* WORK REQUEST *
Please repeat the lines below exactly. Begin with the line containing "t' < d.allocated" and go on through the line containing "-- Filling the".

* THE DATA *
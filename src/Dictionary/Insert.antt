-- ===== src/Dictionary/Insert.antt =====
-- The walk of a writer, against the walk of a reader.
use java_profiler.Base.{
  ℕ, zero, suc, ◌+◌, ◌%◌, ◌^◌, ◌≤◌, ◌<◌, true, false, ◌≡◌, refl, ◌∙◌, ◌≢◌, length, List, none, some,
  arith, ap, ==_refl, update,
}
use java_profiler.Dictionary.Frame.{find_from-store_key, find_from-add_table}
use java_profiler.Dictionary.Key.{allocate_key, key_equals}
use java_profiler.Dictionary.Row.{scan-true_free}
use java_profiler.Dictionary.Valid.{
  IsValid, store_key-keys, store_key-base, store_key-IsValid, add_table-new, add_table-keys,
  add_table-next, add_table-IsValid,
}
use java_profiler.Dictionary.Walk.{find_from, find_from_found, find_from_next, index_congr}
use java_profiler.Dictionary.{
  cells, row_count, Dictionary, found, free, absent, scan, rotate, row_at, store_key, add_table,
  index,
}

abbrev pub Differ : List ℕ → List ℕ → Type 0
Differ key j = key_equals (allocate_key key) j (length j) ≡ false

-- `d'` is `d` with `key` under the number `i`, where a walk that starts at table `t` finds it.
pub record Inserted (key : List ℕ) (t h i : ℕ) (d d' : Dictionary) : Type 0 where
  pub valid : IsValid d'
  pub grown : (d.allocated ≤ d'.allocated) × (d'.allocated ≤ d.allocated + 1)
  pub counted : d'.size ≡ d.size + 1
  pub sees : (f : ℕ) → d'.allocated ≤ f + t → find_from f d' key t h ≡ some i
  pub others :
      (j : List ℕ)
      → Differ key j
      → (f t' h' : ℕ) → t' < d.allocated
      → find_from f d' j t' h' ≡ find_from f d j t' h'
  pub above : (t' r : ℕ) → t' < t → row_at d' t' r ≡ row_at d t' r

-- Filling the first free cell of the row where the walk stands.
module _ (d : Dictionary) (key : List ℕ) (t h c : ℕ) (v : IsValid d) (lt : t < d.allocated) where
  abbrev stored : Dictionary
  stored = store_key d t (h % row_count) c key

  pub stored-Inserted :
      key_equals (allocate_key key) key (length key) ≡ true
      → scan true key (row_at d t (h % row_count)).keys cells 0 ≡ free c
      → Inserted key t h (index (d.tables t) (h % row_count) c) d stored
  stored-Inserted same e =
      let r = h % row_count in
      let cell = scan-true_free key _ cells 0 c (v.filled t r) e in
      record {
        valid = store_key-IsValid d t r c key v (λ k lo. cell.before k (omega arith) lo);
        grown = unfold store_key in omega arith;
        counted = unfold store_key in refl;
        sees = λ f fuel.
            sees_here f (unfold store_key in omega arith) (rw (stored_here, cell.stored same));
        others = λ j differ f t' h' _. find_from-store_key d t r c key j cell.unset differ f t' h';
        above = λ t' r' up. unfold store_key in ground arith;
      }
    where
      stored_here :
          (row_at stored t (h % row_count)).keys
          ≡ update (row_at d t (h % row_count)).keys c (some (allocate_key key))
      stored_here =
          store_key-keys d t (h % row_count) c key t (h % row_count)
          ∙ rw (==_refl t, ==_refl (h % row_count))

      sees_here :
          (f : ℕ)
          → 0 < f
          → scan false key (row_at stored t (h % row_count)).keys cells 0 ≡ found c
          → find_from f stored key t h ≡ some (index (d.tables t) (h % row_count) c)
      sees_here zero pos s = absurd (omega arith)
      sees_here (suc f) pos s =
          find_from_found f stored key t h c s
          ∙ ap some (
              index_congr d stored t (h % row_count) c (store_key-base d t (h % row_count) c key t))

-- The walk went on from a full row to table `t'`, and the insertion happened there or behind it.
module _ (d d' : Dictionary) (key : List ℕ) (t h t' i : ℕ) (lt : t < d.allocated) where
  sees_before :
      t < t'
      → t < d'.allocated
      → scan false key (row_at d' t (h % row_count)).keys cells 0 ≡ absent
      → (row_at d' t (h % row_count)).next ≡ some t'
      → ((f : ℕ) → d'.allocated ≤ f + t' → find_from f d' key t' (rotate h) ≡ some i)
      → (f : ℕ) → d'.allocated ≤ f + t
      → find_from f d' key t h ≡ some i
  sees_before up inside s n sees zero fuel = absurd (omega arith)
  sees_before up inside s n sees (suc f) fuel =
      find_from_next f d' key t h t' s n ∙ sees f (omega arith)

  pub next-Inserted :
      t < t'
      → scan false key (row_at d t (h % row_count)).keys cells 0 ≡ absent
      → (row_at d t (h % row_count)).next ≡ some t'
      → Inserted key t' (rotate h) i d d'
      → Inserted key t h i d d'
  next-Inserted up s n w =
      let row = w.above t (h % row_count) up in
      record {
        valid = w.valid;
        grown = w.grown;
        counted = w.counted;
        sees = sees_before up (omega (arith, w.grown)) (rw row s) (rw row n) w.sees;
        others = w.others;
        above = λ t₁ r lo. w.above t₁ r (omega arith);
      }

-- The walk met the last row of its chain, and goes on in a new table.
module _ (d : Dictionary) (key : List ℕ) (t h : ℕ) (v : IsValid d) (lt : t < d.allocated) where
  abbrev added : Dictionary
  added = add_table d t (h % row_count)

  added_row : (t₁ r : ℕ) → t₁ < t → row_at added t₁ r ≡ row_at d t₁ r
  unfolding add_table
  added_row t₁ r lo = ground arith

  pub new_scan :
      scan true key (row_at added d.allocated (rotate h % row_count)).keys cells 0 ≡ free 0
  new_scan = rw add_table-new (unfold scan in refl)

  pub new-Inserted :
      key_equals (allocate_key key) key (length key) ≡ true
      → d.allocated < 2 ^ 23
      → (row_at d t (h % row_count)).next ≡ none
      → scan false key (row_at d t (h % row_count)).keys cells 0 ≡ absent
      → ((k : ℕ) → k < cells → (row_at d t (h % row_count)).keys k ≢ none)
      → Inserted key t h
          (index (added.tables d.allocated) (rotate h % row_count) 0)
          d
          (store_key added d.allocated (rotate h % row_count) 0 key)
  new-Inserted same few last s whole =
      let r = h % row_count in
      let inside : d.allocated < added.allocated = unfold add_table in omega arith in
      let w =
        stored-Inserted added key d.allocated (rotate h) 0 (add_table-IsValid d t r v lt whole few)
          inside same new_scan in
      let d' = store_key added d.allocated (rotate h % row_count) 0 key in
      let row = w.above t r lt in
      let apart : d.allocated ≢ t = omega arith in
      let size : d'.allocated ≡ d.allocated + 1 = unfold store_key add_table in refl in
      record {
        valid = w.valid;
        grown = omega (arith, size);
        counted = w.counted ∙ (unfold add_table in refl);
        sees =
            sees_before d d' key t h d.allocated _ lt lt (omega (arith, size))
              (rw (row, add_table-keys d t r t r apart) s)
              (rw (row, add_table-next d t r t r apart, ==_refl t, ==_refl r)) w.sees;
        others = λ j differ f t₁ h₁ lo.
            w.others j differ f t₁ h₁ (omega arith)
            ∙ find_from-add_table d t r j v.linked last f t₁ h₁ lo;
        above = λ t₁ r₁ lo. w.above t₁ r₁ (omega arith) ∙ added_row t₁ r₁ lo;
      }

* SOLUTION TO THIS PROBLEM *
      → (f t' h' : ℕ) → t' < d.allocated
      → find_from f d' j t' h' ≡ find_from f d j t' h'
  pub above : (t' r : ℕ) → t' < t → row_at d' t' r ≡ row_at d t' r

-- Filling the first free cell of the row where the walk stands.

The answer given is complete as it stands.